Records to use START
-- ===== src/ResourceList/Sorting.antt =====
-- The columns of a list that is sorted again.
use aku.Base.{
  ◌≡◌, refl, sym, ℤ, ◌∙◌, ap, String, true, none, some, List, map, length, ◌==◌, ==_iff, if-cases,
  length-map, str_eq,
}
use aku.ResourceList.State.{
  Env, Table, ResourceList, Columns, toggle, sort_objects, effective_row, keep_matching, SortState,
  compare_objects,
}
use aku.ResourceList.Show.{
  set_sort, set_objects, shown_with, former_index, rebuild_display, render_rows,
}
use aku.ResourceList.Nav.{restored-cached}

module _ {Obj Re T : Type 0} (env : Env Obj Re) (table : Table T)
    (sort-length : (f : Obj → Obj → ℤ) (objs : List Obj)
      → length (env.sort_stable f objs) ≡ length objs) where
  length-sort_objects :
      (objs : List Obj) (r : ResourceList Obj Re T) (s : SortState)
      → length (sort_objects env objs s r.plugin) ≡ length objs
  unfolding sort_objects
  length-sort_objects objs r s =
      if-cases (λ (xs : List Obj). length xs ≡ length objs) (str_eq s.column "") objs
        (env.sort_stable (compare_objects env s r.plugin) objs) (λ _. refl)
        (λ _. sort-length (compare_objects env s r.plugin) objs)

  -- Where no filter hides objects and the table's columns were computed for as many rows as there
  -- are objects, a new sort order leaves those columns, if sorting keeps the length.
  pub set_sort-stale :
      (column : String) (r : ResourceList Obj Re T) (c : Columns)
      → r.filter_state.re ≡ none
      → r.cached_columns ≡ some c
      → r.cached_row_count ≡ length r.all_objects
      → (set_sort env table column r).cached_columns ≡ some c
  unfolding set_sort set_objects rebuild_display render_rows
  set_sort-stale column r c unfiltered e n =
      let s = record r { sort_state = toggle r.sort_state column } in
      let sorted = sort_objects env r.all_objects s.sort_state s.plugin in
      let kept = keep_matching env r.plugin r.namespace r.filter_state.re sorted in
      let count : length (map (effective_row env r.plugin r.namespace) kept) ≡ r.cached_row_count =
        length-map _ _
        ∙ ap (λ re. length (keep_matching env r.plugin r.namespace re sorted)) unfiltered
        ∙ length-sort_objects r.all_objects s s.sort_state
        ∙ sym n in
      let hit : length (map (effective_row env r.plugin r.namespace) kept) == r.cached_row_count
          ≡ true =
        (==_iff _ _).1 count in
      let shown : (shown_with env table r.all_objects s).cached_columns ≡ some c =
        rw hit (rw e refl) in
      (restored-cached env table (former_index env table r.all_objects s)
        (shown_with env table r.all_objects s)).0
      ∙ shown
Records to use END
Records to use START
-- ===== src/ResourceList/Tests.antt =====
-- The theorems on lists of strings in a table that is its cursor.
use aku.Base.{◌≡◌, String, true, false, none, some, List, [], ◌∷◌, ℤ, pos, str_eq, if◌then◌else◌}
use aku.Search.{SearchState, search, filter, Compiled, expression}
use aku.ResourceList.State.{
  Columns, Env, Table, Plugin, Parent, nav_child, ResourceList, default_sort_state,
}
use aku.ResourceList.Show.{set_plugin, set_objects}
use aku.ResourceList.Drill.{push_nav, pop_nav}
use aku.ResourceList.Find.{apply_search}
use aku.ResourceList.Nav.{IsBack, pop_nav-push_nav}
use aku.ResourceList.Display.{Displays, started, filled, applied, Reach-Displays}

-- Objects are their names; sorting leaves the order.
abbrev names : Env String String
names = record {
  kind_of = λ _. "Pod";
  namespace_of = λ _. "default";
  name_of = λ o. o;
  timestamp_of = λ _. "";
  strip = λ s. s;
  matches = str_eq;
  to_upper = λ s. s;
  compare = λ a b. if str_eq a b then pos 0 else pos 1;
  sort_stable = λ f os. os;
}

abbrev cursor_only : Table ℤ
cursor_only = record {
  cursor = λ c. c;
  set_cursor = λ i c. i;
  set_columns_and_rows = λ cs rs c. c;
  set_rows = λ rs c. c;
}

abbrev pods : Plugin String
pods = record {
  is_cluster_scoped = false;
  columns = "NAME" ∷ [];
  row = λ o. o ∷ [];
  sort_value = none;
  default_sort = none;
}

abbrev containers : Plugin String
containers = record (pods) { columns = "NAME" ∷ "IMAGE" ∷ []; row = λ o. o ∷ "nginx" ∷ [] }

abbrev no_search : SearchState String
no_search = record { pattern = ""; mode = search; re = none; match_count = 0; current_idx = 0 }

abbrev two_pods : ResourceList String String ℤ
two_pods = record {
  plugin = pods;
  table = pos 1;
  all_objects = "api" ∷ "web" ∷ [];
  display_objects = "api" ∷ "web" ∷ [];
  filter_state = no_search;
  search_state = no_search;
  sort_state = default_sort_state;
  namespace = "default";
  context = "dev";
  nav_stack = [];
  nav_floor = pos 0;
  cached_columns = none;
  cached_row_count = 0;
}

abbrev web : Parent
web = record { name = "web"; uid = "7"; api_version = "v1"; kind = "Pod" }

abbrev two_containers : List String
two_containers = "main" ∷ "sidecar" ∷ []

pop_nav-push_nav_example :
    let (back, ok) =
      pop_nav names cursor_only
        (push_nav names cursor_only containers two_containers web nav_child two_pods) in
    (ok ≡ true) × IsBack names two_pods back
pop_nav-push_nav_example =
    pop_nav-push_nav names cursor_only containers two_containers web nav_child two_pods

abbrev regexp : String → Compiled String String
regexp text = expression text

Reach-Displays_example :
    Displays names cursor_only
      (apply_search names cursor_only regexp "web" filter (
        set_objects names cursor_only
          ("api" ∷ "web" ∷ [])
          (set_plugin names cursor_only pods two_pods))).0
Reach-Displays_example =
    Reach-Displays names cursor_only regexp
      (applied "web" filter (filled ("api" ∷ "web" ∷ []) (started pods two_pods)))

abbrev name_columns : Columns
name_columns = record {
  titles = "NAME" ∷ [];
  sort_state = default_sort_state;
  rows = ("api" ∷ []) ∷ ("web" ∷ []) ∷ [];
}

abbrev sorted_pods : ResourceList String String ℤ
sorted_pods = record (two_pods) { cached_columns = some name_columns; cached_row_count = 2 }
Records to use END
**Directions:** Copy out the range of lines above starting at the line with "-- The columns" and ending at the line with "unfolding sort_objects", exactly and including both.

**Response to the exercise:**
-- The columns of a list that is sorted again.
use aku.Base.{
  ◌≡◌, refl, sym, ℤ, ◌∙◌, ap, String, true, none, some, List, map, length, ◌==◌, ==_iff, if-cases,
  length-map, str_eq,
}
use aku.ResourceList.State.{
  Env, Table, ResourceList, Columns, toggle, sort_objects, effective_row, keep_matching, SortState,
  compare_objects,
}
use aku.ResourceList.Show.{
  set_sort, set_objects, shown_with, former_index, rebuild_display, render_rows,
}
use aku.ResourceList.Nav.{restored-cached}

module _ {Obj Re T : Type 0} (env : Env Obj Re) (table : Table T)
    (sort-length : (f : Obj → Obj → ℤ) (objs : List Obj)
      → length (env.sort_stable f objs) ≡ length objs) where
  length-sort_objects :
      (objs : List Obj) (r : ResourceList Obj Re T) (s : SortState)
      → length (sort_objects env objs s r.plugin) ≡ length objs
  unfolding sort_objects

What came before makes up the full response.